Will the promised funding levels actually materialize from Congress with the urgency required? Are there guarantees for the sustainability of this funding over the long-term, as ARV therapy is life-long? What proportion of funds will be spent on a bilateral program that has yet to be created, versus existing mechanisms like the Global Fund to Fight AIDS, Tuberculosis and Malaria -- which already delivers funding for life-saving treatment programs and is facing severe budget shortfalls?
How efficiently will the money be spent when it comes to treatment? Specifically, will funds be made available for the purchase of the most inexpensive quality drugs, including generics, in order to treat the largest number of people possible, or will the bilateral initiative become a "windfall" for the pharmaceutical industry?

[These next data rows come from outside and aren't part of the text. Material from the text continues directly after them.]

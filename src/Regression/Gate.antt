-- ===== src/Regression/Gate.antt =====
-- Which candidates models/validation/regression.py lets pass.
use ml_engineer_challenge_so.Prelude.{
  String, true, false, ◌≡◌, ◌↔◌, refl, subst, arith, List, [], ◌∷◌, ◌++◌, any-append, Option, none,
  some, All,
}
use ml_engineer_challenge_so.Prelude.Dict.{Dict, lookup}
use ml_engineer_challenge_so.Prelude.Float.{Float}
use ml_engineer_challenge_so.Regression.{
  MetricSpec, RegressionReport, Measurements, regressed, passed, is_empty, compared, add_spec,
  add_specs, compare_to_baseline, table,
}

module _ (N : Float) where
  open N use {F}

  -- A metric that the baseline lacks, or that both have and that has not regressed.
  pub data IsKept (baseline candidate : Dict F) (spec : MetricSpec N) : Type 0 where
    untracked : lookup spec.name baseline ≡ none → IsKept baseline candidate spec
    within :
        (b c : F)
        → lookup spec.name baseline ≡ some b
        → lookup spec.name candidate ≡ some c
        → regressed N spec b c ≡ false
        → IsKept baseline candidate spec

  not_empty_append : (xs : List String) (m : String) → is_empty N (xs ++ (m ∷ [])) ≡ false
  unfolding is_empty
  not_empty_append [] m = refl
  not_empty_append (x ∷ xs) m = refl

  measured :
      (baseline candidate : Dict F) (spec : MetricSpec N) (b : F)
      → lookup spec.name baseline ≡ some b
      → IsKept baseline candidate spec
      → (c : F) × (lookup spec.name candidate ≡ some c) × (regressed N spec b c ≡ false)
  measured baseline candidate spec b e (untracked gone) = absurd (cc)
  measured baseline candidate spec b e (within b' c eb ec fine) =
      let same : b' ≡ b = cc in (c, ec, subst (λ x. regressed N spec x c ≡ false) same fine)

  -- A round keeps the report passing exactly where its metric is kept.
  add_spec-passed :
      (baseline candidate : Dict F) (spec : MetricSpec N) (b c : Option F) (r : RegressionReport N)
      → lookup spec.name baseline ≡ b
      → lookup spec.name candidate ≡ c
      → (passed N (add_spec N spec b c r) ≡ true)
        ↔ ((passed N r ≡ true) × IsKept baseline candidate spec)
  unfolding add_spec passed compared
  add_spec-passed baseline candidate spec none c r eb ec = (λ h. (h, untracked eb), λ h. h.0)
  add_spec-passed baseline candidate spec (some b) none r eb ec = (
    λ h. absurd (cc (rw (not_empty_append r.missing_metrics spec.name) at h)),
    λ h. (let (c, ec', fine) = measured baseline candidate spec b eb h.1 in absurd (cc)),
  )
  add_spec-passed baseline candidate spec (some b) (some c) r eb ec = (
    λ h.
        let joined = any-append (λ x. x.regressed) r.results (compared N spec b c ∷ []) in
        let old : passed N r ≡ true = ground (arith, joined) in
        let fine : regressed N spec b c ≡ false = ground (arith, joined) in
        (old, within b c eb ec fine),
    λ h.
        let (c', ec', fine') = measured baseline candidate spec b eb h.1 in
        let same : c' ≡ c = cc in
        let fine : regressed N spec b c ≡ false =
          subst (λ x. regressed N spec b x ≡ false) same fine' in
        ground (arith, any-append (λ x. x.regressed) r.results (compared N spec b c ∷ [])),
  )

  add_specs-passed :
      (baseline candidate : Dict F) (specs : List (MetricSpec N)) (r : RegressionReport N)
      → (passed N (add_specs N baseline candidate specs r) ≡ true)
        ↔ ((passed N r ≡ true) × All (IsKept baseline candidate) specs)
  unfolding add_specs
  add_specs-passed baseline candidate [] r = (λ h. (h, tt), λ h. h.0)
  add_specs-passed baseline candidate (spec ∷ specs) r =
      let b = lookup spec.name baseline in
      let c = lookup spec.name candidate in
      let here = add_spec-passed baseline candidate spec b c r refl refl in
      let later = add_specs-passed baseline candidate specs (add_spec N spec b c r) in
      (
        λ h.
            let (before, rest) = later.0 h in
            let (old, kept) = here.0 before in (old, (kept, rest)),
        λ h. later.1 (here.1 (h.0, h.1.0), h.1.1),
      )

  -- A candidate passes exactly when, of the metrics that are gated, each one that the baseline has
  -- is also measured for the candidate and has not regressed; a metric that the baseline lacks
  -- does not matter, and one that only the candidate lacks fails it.
  pub compare_to_baseline_iff :
      (baseline candidate : Measurements N) (specs : List (MetricSpec N)) (model_name : String)
      → (passed N (compare_to_baseline N baseline candidate specs model_name) ≡ true)
        ↔ All (IsKept (table N baseline) (table N candidate)) specs
  unfolding compare_to_baseline passed is_empty
  compare_to_baseline_iff baseline candidate specs model_name =
      let all = add_specs-passed (table N baseline) (table N candidate) specs _ in
      (λ h. (all.0 h).1, λ h. all.1 (refl, h))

Is the Bush administration "giving" with one hand and "taking" with the other through multilateral, regional and bilateral trade negotiations that threaten to restrict access to medicines? Will that happen with the free trade agreement the U.S. hopes to negotiate with the Southern African Customs Union, which would provide more stringent patent protection for life-saving pharmaceuticals than is required in the World Trade Organization's Agreement on Trade-Related Aspects of Intellectual Property Rights (TRIPS)?
People with HIV/AIDS in the developing world should not have to continue to ask these questions. For them, it is a matter of life and death. They don't need more promises of goodwill from the U.S. and other governments. They need treatment today. And that means serious, uncompromising political action must happen now.